Given records:
Start of Block
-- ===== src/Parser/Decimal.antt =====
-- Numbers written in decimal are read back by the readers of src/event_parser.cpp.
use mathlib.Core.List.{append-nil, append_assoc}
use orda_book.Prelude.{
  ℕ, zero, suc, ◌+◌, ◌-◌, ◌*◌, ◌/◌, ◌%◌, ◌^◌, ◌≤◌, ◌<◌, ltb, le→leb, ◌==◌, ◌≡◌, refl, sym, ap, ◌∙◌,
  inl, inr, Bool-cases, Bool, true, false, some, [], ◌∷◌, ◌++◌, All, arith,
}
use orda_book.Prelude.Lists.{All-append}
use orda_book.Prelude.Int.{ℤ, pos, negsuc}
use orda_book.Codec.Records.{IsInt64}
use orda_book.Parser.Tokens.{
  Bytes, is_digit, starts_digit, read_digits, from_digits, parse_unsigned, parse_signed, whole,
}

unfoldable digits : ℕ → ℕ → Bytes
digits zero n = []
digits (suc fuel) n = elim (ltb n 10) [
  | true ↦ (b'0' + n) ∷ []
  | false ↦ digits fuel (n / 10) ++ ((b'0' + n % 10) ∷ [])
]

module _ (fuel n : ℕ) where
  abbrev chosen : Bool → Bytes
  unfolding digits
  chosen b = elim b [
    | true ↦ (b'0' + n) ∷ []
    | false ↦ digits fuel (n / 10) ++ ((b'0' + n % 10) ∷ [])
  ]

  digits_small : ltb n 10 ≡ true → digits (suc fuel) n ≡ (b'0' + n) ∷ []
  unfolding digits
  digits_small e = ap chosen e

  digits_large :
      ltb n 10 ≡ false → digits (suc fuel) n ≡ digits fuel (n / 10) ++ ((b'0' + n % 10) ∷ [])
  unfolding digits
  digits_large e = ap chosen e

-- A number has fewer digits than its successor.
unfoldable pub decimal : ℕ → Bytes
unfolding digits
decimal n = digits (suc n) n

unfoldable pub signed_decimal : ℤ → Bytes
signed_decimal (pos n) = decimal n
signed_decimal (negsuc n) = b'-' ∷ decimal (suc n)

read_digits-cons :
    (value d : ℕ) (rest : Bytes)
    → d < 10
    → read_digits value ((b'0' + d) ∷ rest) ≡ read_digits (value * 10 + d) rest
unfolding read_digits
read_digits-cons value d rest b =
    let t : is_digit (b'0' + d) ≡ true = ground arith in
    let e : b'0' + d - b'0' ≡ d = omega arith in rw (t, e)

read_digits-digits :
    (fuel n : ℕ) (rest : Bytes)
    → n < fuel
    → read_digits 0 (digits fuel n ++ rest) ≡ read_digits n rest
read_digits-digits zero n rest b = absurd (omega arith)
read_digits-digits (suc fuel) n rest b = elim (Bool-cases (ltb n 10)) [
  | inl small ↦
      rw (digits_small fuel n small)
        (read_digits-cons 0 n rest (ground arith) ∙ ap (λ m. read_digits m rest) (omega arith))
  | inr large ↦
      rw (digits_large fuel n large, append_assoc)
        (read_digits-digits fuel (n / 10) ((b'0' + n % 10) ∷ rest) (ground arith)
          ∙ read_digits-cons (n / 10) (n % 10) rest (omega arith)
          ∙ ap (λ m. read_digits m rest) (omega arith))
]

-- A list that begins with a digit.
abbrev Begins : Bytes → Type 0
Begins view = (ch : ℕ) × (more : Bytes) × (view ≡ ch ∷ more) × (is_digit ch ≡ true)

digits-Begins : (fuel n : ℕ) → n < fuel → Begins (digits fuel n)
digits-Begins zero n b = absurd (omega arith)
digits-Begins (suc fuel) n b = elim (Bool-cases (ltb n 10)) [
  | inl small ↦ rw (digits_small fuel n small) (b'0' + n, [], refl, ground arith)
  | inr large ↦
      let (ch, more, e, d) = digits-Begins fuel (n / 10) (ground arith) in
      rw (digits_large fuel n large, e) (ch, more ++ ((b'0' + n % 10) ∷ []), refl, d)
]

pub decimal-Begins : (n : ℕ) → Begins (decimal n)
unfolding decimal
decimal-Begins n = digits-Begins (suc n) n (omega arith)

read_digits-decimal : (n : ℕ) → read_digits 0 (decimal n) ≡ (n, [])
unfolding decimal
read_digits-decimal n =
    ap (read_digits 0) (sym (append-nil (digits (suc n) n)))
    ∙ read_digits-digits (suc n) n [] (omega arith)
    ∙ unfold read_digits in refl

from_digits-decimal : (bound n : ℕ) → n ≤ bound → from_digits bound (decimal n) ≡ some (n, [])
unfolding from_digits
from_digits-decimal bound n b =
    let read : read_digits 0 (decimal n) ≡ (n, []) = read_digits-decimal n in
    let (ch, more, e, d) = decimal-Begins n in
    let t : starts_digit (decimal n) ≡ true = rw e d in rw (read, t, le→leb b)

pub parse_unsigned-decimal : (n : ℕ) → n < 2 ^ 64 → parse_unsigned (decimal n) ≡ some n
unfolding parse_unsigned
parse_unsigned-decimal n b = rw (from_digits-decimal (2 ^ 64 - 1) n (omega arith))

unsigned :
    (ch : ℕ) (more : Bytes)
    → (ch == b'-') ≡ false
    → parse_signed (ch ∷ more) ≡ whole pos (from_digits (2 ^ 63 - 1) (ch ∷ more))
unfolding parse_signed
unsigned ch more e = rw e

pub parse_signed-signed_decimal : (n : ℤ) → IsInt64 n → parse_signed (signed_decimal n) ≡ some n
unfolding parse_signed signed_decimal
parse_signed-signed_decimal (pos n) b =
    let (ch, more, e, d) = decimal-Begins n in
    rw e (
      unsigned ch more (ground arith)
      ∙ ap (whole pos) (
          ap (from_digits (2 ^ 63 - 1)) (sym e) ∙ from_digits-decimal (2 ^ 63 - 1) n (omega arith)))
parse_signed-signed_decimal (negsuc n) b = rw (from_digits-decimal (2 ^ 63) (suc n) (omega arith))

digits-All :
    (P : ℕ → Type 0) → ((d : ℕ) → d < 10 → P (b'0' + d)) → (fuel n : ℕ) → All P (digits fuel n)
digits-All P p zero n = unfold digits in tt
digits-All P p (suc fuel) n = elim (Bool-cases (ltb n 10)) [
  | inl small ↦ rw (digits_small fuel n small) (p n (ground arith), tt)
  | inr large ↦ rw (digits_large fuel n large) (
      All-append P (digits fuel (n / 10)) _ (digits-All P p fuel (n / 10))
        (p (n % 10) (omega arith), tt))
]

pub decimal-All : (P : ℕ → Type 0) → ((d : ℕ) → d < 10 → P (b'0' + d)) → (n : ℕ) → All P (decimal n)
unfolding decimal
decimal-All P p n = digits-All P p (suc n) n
End of Block
Start of Block
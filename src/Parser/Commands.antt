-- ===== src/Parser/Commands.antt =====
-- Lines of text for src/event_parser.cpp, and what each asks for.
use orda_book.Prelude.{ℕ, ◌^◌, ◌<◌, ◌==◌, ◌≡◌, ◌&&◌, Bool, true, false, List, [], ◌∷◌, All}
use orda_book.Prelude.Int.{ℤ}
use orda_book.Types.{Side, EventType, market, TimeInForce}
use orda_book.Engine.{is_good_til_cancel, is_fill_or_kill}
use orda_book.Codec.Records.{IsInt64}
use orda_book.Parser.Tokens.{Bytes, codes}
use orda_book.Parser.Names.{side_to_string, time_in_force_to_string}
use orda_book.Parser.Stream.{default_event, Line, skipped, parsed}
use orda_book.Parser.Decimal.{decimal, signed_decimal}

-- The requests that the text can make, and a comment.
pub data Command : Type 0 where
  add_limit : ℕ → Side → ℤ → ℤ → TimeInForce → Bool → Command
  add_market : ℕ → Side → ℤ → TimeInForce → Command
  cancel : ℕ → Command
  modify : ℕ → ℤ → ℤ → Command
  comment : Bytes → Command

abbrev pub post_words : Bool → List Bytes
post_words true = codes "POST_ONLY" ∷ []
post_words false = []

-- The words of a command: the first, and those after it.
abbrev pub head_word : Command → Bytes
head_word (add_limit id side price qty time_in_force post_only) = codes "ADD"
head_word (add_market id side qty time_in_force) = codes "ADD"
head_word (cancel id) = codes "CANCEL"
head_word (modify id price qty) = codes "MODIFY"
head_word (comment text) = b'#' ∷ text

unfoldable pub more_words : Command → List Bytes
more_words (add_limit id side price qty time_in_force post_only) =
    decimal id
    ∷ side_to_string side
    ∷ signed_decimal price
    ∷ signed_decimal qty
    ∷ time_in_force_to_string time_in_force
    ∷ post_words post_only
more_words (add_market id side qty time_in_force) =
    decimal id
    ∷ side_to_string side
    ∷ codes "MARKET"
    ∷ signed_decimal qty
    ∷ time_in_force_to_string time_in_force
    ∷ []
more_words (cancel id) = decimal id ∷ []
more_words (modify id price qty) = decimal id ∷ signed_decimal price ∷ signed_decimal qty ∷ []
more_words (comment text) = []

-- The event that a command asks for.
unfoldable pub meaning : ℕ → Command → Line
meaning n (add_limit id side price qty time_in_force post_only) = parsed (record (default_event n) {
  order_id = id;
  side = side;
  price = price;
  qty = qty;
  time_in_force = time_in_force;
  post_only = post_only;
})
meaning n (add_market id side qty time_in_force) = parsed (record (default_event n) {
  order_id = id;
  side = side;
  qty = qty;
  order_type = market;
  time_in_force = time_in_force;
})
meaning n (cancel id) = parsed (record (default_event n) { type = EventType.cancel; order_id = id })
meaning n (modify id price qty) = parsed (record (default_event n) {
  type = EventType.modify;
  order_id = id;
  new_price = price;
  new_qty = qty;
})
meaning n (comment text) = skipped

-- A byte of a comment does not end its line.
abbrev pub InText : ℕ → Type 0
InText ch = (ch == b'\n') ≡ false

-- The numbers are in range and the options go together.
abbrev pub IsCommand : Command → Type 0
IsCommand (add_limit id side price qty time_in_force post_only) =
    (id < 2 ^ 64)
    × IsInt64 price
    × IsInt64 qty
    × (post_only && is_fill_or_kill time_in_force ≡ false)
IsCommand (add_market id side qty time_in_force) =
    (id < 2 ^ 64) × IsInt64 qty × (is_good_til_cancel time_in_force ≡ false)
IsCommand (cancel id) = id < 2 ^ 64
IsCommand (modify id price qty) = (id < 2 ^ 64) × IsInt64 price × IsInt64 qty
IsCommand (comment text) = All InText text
End of Block
Start of Block
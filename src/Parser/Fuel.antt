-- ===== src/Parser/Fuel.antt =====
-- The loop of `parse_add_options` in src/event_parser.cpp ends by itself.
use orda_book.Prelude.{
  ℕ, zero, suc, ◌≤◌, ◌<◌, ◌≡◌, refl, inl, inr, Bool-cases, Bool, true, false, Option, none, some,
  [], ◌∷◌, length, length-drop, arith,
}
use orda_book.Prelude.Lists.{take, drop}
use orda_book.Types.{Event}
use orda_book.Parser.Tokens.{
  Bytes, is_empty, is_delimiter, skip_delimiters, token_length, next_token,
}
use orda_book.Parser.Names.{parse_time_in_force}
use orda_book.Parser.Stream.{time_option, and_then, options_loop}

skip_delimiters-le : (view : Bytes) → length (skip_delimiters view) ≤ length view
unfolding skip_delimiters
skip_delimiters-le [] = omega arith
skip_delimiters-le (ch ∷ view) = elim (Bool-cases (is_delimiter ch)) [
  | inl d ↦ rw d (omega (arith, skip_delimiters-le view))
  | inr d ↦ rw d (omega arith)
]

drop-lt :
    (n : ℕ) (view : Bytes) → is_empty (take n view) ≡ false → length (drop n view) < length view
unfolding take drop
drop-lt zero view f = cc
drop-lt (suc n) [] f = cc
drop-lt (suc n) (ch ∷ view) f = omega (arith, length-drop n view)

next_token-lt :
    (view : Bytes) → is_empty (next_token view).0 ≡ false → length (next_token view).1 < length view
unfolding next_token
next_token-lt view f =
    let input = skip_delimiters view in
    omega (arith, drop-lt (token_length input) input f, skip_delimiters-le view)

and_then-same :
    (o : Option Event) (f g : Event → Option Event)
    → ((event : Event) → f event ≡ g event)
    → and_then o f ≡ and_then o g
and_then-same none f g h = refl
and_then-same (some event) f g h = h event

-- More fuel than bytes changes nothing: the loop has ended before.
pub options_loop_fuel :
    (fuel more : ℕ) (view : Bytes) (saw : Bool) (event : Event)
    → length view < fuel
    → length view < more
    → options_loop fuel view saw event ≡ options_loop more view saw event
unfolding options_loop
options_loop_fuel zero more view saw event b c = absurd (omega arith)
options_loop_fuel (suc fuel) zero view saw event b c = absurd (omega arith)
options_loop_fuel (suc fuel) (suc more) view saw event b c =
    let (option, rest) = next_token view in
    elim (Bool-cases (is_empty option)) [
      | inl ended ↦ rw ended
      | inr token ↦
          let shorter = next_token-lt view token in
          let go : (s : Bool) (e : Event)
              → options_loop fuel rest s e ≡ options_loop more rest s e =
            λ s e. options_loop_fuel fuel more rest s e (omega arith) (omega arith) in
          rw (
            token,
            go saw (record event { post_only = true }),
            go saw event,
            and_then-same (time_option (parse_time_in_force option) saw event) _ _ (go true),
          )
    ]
End of Block
What is required:
Among the lines of the material above, find those with the word "same". Copy each one.

Result of this task:
and_then-same :
and_then-same none f g h = refl
and_then-same (some event) f g h = h event
            and_then-same (time_option (parse_time_in_force option) saw event) _ _ (go true),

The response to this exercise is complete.